Estoy construyendo un robot publicitario. Ya estoy en una etapa avanzada donde coordino dos microcontroladores. Uno de ellos se encarga de controlar todos los movmientos del robot, y el otro microcontrolador se encarga de reproducir mensajes extraidos de un ISD4003 y sincronizar le movimiento de la boca. El problema en este momento es que cuando los motores se mueven generan demasiado ruido y afectan a los microcontroladores. Inclusive uno de estos ruidos borró algunos mensajes que estaban grabados en el ISD4003. Cómo puedo eliminar o al menos controlar este ruido. Cabe aclarar que tengo una fuente aparte de 12 voltios para el manejo de los motores, y la alimentación del circuito en general con otra fuente de 5 voltios. Las tierras de ambas fuentes no están unidas. El control de los motores DC lo hago mediante unos puente H L298. el control para los servos lo hago directamente al PIC, no fui tan precavido como para poner un diodo o algo. En todo caso quisiera escuchar sugerencias al respecto. Qué puedo hacer?


----------



## Fogonazo (Abr 23, 2008)

Primero ponle los diodos que te protejeran a los integrado de potencia

Luego pon a cada motor 3 capacitores, 1 entre el + y el - del motor
Otro entre el + y la carcaza del motor 
El tercero entre el - y la carcaza del motor
Todos ceramicos de 100nF 100V de aislacion


----------



## fili (Oct 17, 2009)

pues no se mucho de robots soy estudiante de la carrera de mecatronica y en una ocacion trabajando con un PIC no realizaba ciertas acciones e instrucciones que tenia que realizar y lo que hicimos fue cubrirlo de papel aluminio cmo una CAMARA de FARADAY para evitar frecuencias y ruidos externos espero te sirva.

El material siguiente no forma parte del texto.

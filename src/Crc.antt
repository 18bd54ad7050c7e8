-- ===== src/Crc.antt =====
-- 9-crc32/main.c: the CRC-32 of a file that is mapped piece by piece.
--
-- A `uint32_t` is a number below 2 ^ 32, a `char` its bit pattern below 256 (it is signed here). The
-- system's answers are arguments: the file, the page size, and which calls fail.
pub mod Poly
pub mod Chunks
mod Tests
use Prim.Native.Nat.{bit_and, bit_xor}
use otus_c.Common.{ℕ, zero, suc, ◌+◌, ◌-◌, ◌*◌, ◌/◌, ◌%◌, ◌^◌, Bool, Option, none, some, not}
use otus_c.Common.{List, [], ◌∷◌, ltb, ◌==◌, if◌then◌else◌, length, take, drop}

-- A signed `char` as an operand of `^` with a `uint32_t`.
abbrev pub promote : ℕ → ℕ
promote ch = if ltb ch 128 then ch else ch + (2 ^ 32 - 256)

-- `ch >>= 1` keeps the sign.
abbrev pub shift_char : ℕ → ℕ
shift_char ch = if ltb ch 128 then ch / 2 else ch / 2 + 128

-- The loop over the bits, `left` rounds before its end.
pub crc32_rounds : ℕ → ℕ → ℕ → ℕ
crc32_rounds zero crc ch = crc
crc32_rounds (suc left) crc ch =
    let b = bit_and (bit_xor (promote ch) crc) 1 in
    crc32_rounds left (if b == 0 then crc / 2 else bit_xor (crc / 2) 0xEDB88320) (shift_char ch)

pub crc32_bitwise : ℕ → ℕ → ℕ
unfolding crc32_rounds
crc32_bitwise crc ch = crc32_rounds 8 crc ch

-- The loop over the bytes of one mapping.
pub crc32_bytes : ℕ → List ℕ → ℕ
unfolding crc32_bitwise
crc32_bytes crc [] = crc
crc32_bytes crc (ch ∷ chs) = crc32_bytes (crc32_bitwise crc ch) chs

-- `CHUNK_SIZE` and its adjustment to pages.
abbrev pub default_chunk : ℕ
default_chunk = 1024 * 1024 * 1000

pub chunk_size : ℕ → ℕ
chunk_size page_size =
    if ltb default_chunk page_size then page_size else (default_chunk / page_size) * page_size

-- How `main` ends: it prints the CRC, or exits with status 1. `stuck` is a loop of the model that
-- ran out of fuel.
pub data Exit : Type 0 where
  printed : ℕ → Exit
  usage no_file no_stat no_map stuck : Exit

-- `contents` is the file, if it opens; `maps offset len` tells whether that `mmap` succeeds.
pub record System : Type 0 where
  pub contents : Option (List ℕ)
  pub stats : Bool
  pub page_size : ℕ
  pub maps : ℕ → ℕ → Bool

module _ (maps : ℕ → ℕ → Bool) (file : List ℕ) (chunk : ℕ) where
  pub map_len : ℕ → ℕ
  map_len offset = if ltb (length file) (offset + chunk) then length file - offset else chunk

  pub chunks : ℕ → ℕ → ℕ → Exit
  unfolding map_len crc32_bytes
  chunks zero offset crc = stuck
  chunks (suc fuel) offset crc =
      let len = map_len offset in
      let next_chunk =
        chunks fuel (offset + chunk) (crc32_bytes crc (take len (drop offset file))) in
      let body = if maps offset len then next_chunk else no_map in
      if ltb offset (length file) then body else printed (2 ^ 32 - 1 - crc)

-- Each round moves on by at least a byte, so one more round than there are bytes is enough.
pub main : System → ℕ → Exit
unfolding chunks chunk_size
main s argc = if not (argc == 2) then usage else elim s.contents [
  | none ↦ no_file
  | some file ↦
      if s.stats
      then chunks s.maps file (chunk_size s.page_size) (suc (length file)) 0 0xFFFFFFFF
      else no_stat
]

pues no se mucho de robots soy estudiante de la carrera de mecatronica y en una ocacion trabajando con un PIC no realizaba ciertas acciones e instrucciones que tenia que realizar y lo que hicimos fue cubrirlo de papel aluminio cmo una CAMARA de FARADAY para evitar frecuencias y ruidos externos espero te sirva.


----------



## Padrino (Oct 21, 2009)

Pf. Casi estaba seguro que era un problema de tierras, pero si dices que no se comparten. ¿Ya revisaste la señal de alimentación con un osciloscopio al momento del arranque de tus motores? ¿Puedes monitorear la corriente de ambas fuentes?


----------



## radni (Oct 22, 2009)

Colocá capacitores de tantalio de  47 micro en paralelo con un .1 con la alimentación de los motores sobre el L298, colocá un diodo zener de un valor 1 a 2 V por encima del valor de la tensión de fuente en el mismo lugar.
La explicación es que los pulsos de conmutación absorbidos por los diodos de clamping son entregados a la fuente que si no posee muy baja impedancia estos adquieren grandes valores realimentandose ó irradiandose a los demás circuitos .
Una vez con un stepper potente ( 5 fases trabajando a 90 V con 8 Amp y frecuencia de 6.000 pasos por segundo) tuve que hacer un circuito de clamping en paralelo de fuente con un MJ802 y un zener compuesto de 96 V para clampear los pulsos sinó la fuente se incrementaba hasta 160 V y tronaban los puentes de salida aparte de enloquecerse el circuito de secuencia de pasos hecho en base a un procesador HCTL1000 de HP.


----------